*Work to complete*
Output every entry verbatim.

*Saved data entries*
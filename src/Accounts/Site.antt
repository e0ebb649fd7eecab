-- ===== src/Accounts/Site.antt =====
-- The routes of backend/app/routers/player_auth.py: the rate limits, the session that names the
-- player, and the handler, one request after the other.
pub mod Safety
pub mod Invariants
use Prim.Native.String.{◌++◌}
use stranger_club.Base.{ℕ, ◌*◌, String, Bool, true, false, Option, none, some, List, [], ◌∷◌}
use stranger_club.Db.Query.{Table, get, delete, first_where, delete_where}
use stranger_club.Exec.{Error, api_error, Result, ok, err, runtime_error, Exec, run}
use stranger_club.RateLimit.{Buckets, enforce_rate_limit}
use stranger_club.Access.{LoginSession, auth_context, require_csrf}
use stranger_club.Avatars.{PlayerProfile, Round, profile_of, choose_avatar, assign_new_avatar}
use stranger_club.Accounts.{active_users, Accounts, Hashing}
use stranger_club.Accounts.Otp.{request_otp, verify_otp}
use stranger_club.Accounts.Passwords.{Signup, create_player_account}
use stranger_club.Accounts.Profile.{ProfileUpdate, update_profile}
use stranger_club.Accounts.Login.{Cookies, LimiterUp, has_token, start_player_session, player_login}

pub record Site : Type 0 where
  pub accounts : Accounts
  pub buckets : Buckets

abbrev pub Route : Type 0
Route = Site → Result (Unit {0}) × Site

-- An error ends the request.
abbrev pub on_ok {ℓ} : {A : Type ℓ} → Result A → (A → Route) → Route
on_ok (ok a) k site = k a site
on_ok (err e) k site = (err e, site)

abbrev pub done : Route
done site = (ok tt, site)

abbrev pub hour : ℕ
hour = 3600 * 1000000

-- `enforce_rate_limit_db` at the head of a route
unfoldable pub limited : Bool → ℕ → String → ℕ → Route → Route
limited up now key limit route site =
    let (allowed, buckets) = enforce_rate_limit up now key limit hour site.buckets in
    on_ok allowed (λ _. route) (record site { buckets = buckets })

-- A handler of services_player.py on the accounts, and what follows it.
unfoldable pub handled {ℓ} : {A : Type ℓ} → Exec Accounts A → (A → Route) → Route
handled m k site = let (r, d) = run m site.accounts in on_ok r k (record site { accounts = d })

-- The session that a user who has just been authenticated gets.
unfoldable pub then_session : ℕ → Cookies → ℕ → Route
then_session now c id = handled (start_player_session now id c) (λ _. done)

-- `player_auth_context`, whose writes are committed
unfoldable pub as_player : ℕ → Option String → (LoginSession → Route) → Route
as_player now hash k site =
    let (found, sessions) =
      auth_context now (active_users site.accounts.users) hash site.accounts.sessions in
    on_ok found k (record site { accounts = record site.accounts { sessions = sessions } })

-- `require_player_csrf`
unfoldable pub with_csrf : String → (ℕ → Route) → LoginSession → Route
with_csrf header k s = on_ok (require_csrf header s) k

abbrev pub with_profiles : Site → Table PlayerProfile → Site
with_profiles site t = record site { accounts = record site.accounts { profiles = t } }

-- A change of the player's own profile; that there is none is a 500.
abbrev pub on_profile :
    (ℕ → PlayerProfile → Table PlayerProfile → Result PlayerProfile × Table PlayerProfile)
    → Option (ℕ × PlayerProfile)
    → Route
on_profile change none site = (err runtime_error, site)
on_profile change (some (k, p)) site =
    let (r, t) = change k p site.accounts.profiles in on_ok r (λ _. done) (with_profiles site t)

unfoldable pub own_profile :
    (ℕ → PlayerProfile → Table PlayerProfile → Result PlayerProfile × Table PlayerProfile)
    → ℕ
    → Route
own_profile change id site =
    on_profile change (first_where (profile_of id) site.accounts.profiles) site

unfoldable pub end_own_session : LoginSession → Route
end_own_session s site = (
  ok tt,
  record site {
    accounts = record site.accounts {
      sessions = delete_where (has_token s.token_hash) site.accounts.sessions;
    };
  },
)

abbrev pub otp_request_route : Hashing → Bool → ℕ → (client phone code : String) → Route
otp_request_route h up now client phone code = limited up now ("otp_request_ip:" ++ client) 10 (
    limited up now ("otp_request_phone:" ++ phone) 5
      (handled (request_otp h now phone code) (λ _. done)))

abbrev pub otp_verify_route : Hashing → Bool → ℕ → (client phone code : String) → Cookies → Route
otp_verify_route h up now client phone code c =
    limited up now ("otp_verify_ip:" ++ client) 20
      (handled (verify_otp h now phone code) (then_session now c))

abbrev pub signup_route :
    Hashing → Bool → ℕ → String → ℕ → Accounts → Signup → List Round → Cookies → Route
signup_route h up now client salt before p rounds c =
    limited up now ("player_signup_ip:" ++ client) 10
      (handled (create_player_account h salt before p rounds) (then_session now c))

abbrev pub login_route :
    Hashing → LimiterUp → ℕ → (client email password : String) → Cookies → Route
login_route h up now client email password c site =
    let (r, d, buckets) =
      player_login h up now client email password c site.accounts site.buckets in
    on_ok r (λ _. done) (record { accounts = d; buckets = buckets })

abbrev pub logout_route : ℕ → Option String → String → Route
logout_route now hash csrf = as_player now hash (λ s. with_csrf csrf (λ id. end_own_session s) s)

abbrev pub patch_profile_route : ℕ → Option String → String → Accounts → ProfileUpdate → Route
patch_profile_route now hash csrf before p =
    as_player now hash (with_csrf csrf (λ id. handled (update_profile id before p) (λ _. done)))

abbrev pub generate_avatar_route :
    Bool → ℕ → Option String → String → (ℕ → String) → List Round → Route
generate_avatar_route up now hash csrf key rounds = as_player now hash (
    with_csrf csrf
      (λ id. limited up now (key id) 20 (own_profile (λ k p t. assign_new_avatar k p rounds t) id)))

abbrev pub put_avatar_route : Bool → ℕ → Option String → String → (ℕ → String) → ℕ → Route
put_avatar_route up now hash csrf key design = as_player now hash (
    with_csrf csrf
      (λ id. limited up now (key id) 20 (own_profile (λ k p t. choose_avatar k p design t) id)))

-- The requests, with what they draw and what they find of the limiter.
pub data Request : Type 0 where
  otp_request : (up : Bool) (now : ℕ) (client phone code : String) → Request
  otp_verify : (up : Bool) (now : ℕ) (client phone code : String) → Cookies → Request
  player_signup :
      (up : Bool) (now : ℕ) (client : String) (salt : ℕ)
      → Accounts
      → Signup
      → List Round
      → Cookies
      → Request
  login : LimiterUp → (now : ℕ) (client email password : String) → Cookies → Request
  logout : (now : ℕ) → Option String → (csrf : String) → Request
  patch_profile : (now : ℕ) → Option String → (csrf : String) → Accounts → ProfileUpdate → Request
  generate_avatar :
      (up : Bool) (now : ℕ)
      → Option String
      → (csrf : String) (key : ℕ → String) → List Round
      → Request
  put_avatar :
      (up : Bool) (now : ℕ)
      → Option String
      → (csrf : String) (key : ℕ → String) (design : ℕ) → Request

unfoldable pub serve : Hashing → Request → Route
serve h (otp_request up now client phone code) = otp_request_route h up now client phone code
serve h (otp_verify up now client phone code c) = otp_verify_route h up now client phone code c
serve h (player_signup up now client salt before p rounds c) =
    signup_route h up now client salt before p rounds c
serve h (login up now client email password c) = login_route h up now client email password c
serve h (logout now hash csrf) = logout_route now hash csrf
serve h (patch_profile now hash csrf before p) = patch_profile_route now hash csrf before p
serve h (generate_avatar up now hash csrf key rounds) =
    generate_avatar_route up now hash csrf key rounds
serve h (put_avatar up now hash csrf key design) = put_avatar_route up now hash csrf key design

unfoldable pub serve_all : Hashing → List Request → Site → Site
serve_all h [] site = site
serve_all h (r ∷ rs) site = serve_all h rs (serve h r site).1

*Response*
filename src/Accounts/Site.antt
repository e0ebb649fd7eecab
-- ===== src/Accounts/Site.antt =====
-- The routes of backend/app/routers/player_auth.py: the rate limits, the session that names the
-- player, and the handler, one request after the other.
pub mod Safety
pub mod Invariants
use Prim.Native.String.{◌++◌}
use stranger_club.Base.{ℕ, ◌*◌, String, Bool, true, false, Option, none, some, List, [], ◌∷◌}
use stranger_club.Db.Query.{Table, get, delete, first_where, delete_where}
use stranger_club.Exec.{Error, api_error, Result, ok, err, runtime_error, Exec, run}
use stranger_club.RateLimit.{Buckets, enforce_rate_limit}
use stranger_club.Access.{LoginSession, auth_context, require_csrf}
use stranger_club.Avatars.{PlayerProfile, Round, profile_of, choose_avatar, assign_new_avatar}
use stranger_club.Accounts.{active_users, Accounts, Hashing}
use stranger_club.Accounts.Otp.{request_otp, verify_otp}
use stranger_club.Accounts.Passwords.{Signup, create_player_account}
use stranger_club.Accounts.Profile.{ProfileUpdate, update_profile}
use stranger_club.Accounts.Login.{Cookies, LimiterUp, has_token, start_player_session, player_login}

pub record Site : Type 0 where
  pub accounts : Accounts
  pub buckets : Buckets

abbrev pub Route : Type 0
Route = Site → Result (Unit {0}) × Site

-- An error ends the request.
abbrev pub on_ok {ℓ} : {A : Type ℓ} → Result A → (A → Route) → Route
on_ok (ok a) k site = k a site
on_ok (err e) k site = (err e, site)

abbrev pub done : Route
done site = (ok tt, site)

abbrev pub hour : ℕ
hour = 3600 * 1000000

-- `enforce_rate_limit_db` at the head of a route
unfoldable pub limited : Bool → ℕ → String → ℕ → Route → Route
limited up now key limit route site =
    let (allowed, buckets) = enforce_rate_limit up now key limit hour site.buckets in
    on_ok allowed (λ _. route) (record site { buckets = buckets })

-- A handler of services_player.py on the accounts, and what follows it.
unfoldable pub handled {ℓ} : {A : Type ℓ} → Exec Accounts A → (A → Route) → Route
handled m k site = let (r, d) = run m site.accounts in on_ok r k (record site { accounts = d })

-- The session that a user who has just been authenticated gets.
unfoldable pub then_session : ℕ → Cookies → ℕ → Route
then_session now c id = handled (start_player_session now id c) (λ _. done)

-- `player_auth_context`, whose writes are committed
unfoldable pub as_player : ℕ → Option String → (LoginSession → Route) → Route
as_player now hash k site =
    let (found, sessions) =
      auth_context now (active_users site.accounts.users) hash site.accounts.sessions in
    on_ok found k (record site { accounts = record site.accounts { sessions = sessions } })

-- `require_player_csrf`
unfoldable pub with_csrf : String → (ℕ → Route) → LoginSession → Route
with_csrf header k s = on_ok (require_csrf header s) k

abbrev pub with_profiles : Site → Table PlayerProfile → Site
with_profiles site t = record site { accounts = record site.accounts { profiles = t } }

-- A change of the player's own profile; that there is none is a 500.
abbrev pub on_profile :
    (ℕ → PlayerProfile → Table PlayerProfile → Result PlayerProfile × Table PlayerProfile)
    → Option (ℕ × PlayerProfile)
    → Route
on_profile change none site = (err runtime_error, site)
on_profile change (some (k, p)) site =
    let (r, t) = change k p site.accounts.profiles in on_ok r (λ _. done) (with_profiles site t)

unfoldable pub own_profile :
    (ℕ → PlayerProfile → Table PlayerProfile → Result PlayerProfile × Table PlayerProfile)
    → ℕ
    → Route
own_profile change id site =
    on_profile change (first_where (profile_of id) site.accounts.profiles) site

unfoldable pub end_own_session : LoginSession → Route
end_own_session s site = (
  ok tt,
  record site {
    accounts = record site.accounts {
      sessions = delete_where (has_token s.token_hash) site.accounts.sessions;
    };
  },
)

abbrev pub otp_request_route : Hashing → Bool → ℕ → (client phone code : String) → Route
otp_request_route h up now client phone code = limited up now ("otp_request_ip:" ++ client) 10 (
    limited up now ("otp_request_phone:" ++ phone) 5
      (handled (request_otp h now phone code) (λ _. done)))

abbrev pub otp_verify_route : Hashing → Bool → ℕ → (client phone code : String) → Cookies → Route
otp_verify_route h up now client phone code c =
    limited up now ("otp_verify_ip:" ++ client) 20
      (handled (verify_otp h now phone code) (then_session now c))

abbrev pub signup_route :
    Hashing → Bool → ℕ → String → ℕ → Accounts → Signup → List Round → Cookies → Route
signup_route h up now client salt before p rounds c =
    limited up now ("player_signup_ip:" ++ client) 10
      (handled (create_player_account h salt before p rounds) (then_session now c))

abbrev pub login_route :
    Hashing → LimiterUp → ℕ → (client email password : String) → Cookies → Route
login_route h up now client email password c site =
    let (r, d, buckets) =
      player_login h up now client email password c site.accounts site.buckets in
    on_ok r (λ _. done) (record { accounts = d; buckets = buckets })

abbrev pub logout_route : ℕ → Option String → String → Route
logout_route now hash csrf = as_player now hash (λ s. with_csrf csrf (λ id. end_own_session s) s)

abbrev pub patch_profile_route : ℕ → Option String → String → Accounts → ProfileUpdate → Route
patch_profile_route now hash csrf before p =
    as_player now hash (with_csrf csrf (λ id. handled (update_profile id before p) (λ _. done)))

abbrev pub generate_avatar_route :
    Bool → ℕ → Option String → String → (ℕ → String) → List Round → Route
generate_avatar_route up now hash csrf key rounds = as_player now hash (
    with_csrf csrf
      (λ id. limited up now (key id) 20 (own_profile (λ k p t. assign_new_avatar k p rounds t) id)))

abbrev pub put_avatar_route : Bool → ℕ → Option String → String → (ℕ → String) → ℕ → Route
put_avatar_route up now hash csrf key design = as_player now hash (
    with_csrf csrf
      (λ id. limited up now (key id) 20 (own_profile (λ k p t. choose_avatar k p design t) id)))

-- The requests, with what they draw and what they find of the limiter.
pub data Request : Type 0 where
  otp_request : (up : Bool) (now : ℕ) (client phone code : String) → Request
  otp_verify : (up : Bool) (now : ℕ) (client phone code : String) → Cookies → Request
  player_signup :
      (up : Bool) (now : ℕ) (client : String) (salt : ℕ)
      → Accounts
      → Signup
      → List Round
      → Cookies
      → Request
  login : LimiterUp → (now : ℕ) (client email password : String) → Cookies → Request
  logout : (now : ℕ) → Option String → (csrf : String) → Request
  patch_profile : (now : ℕ) → Option String → (csrf : String) → Accounts → ProfileUpdate → Request
  generate_avatar :
      (up : Bool) (now : ℕ)
      → Option String
      → (csrf : String) (key : ℕ → String) → List Round
      → Request
  put_avatar :
      (up : Bool) (now : ℕ)
      → Option String
      → (csrf : String) (key : ℕ → String) (design : ℕ) → Request

unfoldable pub serve : Hashing → Request → Route
serve h (otp_request up now client phone code) = otp_request_route h up now client phone code
serve h (otp_verify up now client phone code c) = otp_verify_route h up now client phone code c
serve h (player_signup up now client salt before p rounds c) =
    signup_route h up now client salt before p rounds c
serve h (login up now client email password c) = login_route h up now client email password c
serve h (logout now hash csrf) = logout_route now hash csrf
serve h (patch_profile now hash csrf before p) = patch_profile_route now hash csrf before p
serve h (generate_avatar up now hash csrf key rounds) =
    generate_avatar_route up now hash csrf key rounds
serve h (put_avatar up now hash csrf key design) = put_avatar_route up now hash csrf key design

unfoldable pub serve_all : Hashing → List Request → Site → Site
serve_all h [] site = site
serve_all h (r ∷ rs) site = serve_all h rs (serve h r site).1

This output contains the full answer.